• Exercise instructions:
From the line below that contains "filename src/Task/Protocol.antt" to the line that contains "-- task/types.go: the", repeat every line exactly, both ends included, and nothing else.

(Data listing Opens)

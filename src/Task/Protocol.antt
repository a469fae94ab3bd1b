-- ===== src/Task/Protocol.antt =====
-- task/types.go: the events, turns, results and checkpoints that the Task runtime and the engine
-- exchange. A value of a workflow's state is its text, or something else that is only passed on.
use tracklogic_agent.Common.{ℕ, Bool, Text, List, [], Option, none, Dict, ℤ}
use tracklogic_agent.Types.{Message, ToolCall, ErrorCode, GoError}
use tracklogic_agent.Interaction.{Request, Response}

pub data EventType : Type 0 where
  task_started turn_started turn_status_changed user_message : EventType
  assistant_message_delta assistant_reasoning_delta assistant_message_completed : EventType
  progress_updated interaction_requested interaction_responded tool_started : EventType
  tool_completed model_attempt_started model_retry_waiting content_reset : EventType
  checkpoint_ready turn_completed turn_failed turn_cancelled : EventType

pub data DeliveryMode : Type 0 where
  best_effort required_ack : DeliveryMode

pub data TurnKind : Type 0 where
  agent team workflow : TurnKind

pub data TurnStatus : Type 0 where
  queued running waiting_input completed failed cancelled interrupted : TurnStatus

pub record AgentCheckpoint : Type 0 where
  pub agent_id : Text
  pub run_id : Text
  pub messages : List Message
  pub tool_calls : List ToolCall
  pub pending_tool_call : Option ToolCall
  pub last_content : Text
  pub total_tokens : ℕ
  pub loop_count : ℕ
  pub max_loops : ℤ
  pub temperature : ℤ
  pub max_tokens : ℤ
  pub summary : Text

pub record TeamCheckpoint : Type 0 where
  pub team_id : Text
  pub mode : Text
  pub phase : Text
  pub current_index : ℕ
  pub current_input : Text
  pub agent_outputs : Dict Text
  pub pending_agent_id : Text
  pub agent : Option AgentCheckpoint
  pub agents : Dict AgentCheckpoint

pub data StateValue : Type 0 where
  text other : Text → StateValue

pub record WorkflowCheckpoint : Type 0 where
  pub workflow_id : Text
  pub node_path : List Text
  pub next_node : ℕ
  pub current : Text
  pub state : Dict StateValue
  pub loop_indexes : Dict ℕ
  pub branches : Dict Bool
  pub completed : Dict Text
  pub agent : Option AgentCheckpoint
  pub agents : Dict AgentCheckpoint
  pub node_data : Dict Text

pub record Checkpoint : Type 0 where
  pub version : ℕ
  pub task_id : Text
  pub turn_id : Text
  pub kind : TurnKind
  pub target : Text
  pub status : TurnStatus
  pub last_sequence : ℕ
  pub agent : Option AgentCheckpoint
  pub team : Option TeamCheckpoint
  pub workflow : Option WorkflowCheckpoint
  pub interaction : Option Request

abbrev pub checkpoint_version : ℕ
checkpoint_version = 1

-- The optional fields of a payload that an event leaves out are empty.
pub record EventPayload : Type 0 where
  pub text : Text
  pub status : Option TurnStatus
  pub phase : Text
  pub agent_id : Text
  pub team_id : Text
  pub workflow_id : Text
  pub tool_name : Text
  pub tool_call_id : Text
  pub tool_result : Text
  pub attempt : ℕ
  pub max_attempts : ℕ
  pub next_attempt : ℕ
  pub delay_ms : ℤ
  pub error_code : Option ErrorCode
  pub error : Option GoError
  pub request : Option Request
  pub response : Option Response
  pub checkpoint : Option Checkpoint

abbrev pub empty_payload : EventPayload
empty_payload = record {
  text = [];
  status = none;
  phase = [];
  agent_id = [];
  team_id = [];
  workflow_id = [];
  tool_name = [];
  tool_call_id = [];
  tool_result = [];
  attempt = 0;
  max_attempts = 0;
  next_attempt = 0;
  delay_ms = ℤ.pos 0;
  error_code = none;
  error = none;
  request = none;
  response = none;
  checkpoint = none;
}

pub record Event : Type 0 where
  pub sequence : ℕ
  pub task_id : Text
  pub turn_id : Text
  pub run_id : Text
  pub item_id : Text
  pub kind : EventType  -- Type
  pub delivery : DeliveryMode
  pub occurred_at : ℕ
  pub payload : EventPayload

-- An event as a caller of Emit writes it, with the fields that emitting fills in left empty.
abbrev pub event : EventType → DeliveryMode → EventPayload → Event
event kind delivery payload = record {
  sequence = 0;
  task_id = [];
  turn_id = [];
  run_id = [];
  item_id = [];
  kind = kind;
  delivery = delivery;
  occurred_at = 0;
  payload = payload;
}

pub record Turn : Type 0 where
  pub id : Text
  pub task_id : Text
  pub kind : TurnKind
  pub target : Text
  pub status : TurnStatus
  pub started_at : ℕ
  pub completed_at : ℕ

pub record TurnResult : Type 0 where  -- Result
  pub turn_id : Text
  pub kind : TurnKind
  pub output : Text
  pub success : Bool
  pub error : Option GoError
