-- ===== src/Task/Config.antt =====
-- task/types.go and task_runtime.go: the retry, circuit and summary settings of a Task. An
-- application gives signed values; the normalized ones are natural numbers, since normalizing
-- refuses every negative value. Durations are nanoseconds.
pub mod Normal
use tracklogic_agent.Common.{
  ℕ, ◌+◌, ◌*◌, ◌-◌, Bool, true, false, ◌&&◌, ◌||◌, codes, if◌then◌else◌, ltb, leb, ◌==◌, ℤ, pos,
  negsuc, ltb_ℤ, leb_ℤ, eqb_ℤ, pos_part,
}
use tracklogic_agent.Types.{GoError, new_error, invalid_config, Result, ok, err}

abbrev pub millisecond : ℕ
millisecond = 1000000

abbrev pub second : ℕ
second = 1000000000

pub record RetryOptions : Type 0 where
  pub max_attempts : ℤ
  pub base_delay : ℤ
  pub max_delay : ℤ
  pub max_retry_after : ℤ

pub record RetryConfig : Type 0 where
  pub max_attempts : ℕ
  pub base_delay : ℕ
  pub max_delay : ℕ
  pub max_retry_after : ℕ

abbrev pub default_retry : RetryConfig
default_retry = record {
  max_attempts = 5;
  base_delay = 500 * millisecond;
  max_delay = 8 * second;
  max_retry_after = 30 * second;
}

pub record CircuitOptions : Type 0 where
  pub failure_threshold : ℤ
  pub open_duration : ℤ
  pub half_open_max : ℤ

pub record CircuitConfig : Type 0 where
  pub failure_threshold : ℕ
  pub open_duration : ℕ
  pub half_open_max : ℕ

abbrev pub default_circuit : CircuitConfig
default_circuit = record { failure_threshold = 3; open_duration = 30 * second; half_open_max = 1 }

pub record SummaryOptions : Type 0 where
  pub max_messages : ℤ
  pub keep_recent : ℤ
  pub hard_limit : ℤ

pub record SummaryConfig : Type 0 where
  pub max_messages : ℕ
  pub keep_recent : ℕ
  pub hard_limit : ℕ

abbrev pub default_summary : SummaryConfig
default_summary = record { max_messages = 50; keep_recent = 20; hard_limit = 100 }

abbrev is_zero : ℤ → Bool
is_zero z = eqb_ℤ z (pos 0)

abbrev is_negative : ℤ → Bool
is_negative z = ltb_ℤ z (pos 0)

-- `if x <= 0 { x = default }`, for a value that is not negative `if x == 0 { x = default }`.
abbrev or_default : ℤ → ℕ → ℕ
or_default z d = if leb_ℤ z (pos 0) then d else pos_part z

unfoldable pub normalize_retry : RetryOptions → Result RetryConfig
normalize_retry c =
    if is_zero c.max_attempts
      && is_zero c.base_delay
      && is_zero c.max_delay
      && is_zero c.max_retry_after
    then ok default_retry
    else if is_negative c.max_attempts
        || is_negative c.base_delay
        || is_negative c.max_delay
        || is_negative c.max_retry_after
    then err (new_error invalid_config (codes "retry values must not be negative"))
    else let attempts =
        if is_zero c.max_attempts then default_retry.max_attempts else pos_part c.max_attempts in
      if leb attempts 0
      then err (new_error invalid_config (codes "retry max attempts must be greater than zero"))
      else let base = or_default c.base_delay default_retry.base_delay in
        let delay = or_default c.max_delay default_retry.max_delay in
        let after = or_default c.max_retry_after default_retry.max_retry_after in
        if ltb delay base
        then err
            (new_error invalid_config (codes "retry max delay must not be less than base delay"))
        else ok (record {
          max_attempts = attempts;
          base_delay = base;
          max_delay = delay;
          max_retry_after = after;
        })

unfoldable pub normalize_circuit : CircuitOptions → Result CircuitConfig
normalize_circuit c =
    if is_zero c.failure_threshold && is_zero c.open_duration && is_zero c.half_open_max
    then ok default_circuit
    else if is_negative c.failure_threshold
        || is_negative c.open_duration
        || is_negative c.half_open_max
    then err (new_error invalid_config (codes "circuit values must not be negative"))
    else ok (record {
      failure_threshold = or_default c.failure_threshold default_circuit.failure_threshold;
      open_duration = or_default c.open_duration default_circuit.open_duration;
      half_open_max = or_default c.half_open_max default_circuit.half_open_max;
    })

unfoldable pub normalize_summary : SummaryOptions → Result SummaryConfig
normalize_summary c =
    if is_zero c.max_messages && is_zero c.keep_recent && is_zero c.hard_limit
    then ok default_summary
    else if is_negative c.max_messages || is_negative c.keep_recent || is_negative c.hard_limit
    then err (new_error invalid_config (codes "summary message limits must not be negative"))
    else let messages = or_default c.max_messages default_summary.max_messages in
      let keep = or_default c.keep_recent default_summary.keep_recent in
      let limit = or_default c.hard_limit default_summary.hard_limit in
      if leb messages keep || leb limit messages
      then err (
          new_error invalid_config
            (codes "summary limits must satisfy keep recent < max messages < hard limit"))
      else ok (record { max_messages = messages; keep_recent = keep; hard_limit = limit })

(Data listing Closes)
(Data listing Opens)

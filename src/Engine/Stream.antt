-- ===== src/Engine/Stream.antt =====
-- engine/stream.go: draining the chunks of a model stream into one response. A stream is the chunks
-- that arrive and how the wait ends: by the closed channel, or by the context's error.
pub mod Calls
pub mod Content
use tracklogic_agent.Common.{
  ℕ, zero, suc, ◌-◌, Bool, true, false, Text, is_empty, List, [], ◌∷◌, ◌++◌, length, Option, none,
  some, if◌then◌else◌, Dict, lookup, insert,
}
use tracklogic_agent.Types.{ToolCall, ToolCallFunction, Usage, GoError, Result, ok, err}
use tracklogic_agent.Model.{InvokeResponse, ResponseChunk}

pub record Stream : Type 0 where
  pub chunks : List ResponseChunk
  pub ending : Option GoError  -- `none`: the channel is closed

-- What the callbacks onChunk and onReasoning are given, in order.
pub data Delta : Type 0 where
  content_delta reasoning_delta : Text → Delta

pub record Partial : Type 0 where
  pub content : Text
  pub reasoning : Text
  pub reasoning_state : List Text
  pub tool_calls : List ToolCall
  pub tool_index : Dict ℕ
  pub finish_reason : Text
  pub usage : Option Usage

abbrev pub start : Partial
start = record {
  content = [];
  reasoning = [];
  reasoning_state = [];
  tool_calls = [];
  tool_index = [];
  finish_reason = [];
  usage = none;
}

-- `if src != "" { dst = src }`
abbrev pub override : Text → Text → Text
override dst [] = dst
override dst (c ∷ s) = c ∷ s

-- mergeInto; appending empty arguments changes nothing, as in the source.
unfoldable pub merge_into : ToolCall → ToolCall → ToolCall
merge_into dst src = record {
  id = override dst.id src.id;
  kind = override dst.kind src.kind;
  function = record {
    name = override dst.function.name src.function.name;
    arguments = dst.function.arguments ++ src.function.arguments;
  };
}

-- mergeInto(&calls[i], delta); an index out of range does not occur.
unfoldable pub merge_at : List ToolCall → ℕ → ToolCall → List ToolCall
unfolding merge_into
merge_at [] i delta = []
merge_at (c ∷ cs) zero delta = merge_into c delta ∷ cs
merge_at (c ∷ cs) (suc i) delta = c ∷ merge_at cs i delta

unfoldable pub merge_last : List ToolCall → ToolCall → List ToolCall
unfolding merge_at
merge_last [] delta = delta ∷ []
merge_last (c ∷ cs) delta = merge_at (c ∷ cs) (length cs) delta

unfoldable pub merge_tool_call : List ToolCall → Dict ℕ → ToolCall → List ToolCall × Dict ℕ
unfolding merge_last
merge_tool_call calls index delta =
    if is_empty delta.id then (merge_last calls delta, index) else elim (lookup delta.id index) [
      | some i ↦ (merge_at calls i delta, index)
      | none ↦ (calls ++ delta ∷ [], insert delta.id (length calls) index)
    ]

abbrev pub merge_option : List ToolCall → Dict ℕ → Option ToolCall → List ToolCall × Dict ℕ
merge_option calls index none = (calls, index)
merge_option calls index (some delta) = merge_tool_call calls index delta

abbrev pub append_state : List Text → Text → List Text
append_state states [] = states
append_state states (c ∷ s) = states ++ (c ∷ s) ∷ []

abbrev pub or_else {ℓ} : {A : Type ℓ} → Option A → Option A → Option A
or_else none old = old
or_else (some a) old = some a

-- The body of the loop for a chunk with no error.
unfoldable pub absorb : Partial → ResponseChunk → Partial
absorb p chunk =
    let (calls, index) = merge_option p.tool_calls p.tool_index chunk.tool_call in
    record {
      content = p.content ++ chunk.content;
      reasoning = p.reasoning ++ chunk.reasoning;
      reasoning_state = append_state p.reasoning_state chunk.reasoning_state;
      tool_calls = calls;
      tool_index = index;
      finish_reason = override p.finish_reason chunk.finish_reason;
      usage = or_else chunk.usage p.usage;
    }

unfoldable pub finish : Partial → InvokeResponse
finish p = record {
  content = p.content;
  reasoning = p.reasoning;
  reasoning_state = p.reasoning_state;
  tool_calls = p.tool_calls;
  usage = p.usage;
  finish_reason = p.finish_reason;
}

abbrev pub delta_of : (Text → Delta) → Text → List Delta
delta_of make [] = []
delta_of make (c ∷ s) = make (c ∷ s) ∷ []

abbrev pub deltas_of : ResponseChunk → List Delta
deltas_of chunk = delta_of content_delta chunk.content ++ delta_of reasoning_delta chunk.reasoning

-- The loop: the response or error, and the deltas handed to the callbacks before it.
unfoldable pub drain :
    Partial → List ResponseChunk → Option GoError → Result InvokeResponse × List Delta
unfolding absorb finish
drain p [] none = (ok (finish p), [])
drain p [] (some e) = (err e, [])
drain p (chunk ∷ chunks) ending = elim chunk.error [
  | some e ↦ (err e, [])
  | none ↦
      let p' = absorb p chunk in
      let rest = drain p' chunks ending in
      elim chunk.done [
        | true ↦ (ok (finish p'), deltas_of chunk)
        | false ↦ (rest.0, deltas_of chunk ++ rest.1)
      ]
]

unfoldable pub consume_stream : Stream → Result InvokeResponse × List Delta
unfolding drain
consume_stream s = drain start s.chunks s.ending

(Data listing Closes)
(Data listing Opens)

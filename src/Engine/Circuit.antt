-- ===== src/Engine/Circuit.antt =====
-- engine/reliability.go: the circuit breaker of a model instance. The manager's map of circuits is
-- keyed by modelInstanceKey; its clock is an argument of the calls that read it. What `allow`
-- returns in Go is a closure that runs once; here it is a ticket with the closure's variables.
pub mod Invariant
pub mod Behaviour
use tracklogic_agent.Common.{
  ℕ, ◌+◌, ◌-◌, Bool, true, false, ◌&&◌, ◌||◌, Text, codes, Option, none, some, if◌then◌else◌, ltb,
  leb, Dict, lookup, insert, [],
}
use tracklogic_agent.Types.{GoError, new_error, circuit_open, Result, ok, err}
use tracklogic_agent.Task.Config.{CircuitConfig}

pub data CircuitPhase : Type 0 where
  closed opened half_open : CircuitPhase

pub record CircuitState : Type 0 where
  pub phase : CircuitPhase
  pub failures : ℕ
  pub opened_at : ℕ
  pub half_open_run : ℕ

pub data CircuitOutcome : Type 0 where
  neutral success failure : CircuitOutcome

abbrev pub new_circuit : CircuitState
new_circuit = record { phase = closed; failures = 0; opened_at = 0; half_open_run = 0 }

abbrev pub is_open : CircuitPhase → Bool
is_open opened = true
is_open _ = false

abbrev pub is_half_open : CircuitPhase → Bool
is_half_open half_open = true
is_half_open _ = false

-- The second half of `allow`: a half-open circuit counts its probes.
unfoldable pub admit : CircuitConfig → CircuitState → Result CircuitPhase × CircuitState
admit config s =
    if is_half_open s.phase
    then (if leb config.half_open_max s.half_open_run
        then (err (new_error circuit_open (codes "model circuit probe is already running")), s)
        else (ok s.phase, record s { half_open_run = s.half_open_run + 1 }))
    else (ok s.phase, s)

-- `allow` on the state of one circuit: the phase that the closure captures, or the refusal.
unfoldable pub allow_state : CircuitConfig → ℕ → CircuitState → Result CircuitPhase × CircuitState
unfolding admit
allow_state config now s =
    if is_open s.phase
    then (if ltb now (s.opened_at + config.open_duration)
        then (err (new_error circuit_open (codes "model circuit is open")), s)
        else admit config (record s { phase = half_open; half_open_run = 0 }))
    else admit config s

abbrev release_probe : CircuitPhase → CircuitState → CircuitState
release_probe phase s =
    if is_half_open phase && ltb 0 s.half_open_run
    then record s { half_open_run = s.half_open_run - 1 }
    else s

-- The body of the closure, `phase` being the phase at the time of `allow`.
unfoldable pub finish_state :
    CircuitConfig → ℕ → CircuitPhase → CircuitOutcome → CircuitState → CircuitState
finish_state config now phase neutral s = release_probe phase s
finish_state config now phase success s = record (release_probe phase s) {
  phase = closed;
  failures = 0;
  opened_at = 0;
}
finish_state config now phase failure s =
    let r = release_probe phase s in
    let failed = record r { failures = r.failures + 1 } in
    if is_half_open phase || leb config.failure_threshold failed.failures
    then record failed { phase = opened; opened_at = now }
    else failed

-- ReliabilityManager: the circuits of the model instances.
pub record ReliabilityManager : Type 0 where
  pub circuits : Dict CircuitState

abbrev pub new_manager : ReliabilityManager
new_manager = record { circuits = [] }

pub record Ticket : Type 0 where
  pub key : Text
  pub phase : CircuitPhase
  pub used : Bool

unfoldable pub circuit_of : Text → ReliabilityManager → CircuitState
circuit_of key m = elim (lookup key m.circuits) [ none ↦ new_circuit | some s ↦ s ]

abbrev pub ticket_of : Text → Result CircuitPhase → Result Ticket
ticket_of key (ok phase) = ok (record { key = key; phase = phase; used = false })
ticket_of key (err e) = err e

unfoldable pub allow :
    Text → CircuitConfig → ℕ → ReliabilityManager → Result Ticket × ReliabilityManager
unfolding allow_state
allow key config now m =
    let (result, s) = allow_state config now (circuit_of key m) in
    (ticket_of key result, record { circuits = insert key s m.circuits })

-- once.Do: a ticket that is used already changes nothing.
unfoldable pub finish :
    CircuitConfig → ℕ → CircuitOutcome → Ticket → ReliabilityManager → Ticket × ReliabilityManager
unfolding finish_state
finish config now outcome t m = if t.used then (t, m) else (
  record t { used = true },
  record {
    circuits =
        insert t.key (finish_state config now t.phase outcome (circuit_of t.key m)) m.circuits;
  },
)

(Data listing Closes)

• Finished exercise:
filename src/Task/Protocol.antt
repository a469fae94ab3bd1b
-- ===== src/Task/Protocol.antt =====
-- task/types.go: the events, turns, results and checkpoints that the Task runtime and the engine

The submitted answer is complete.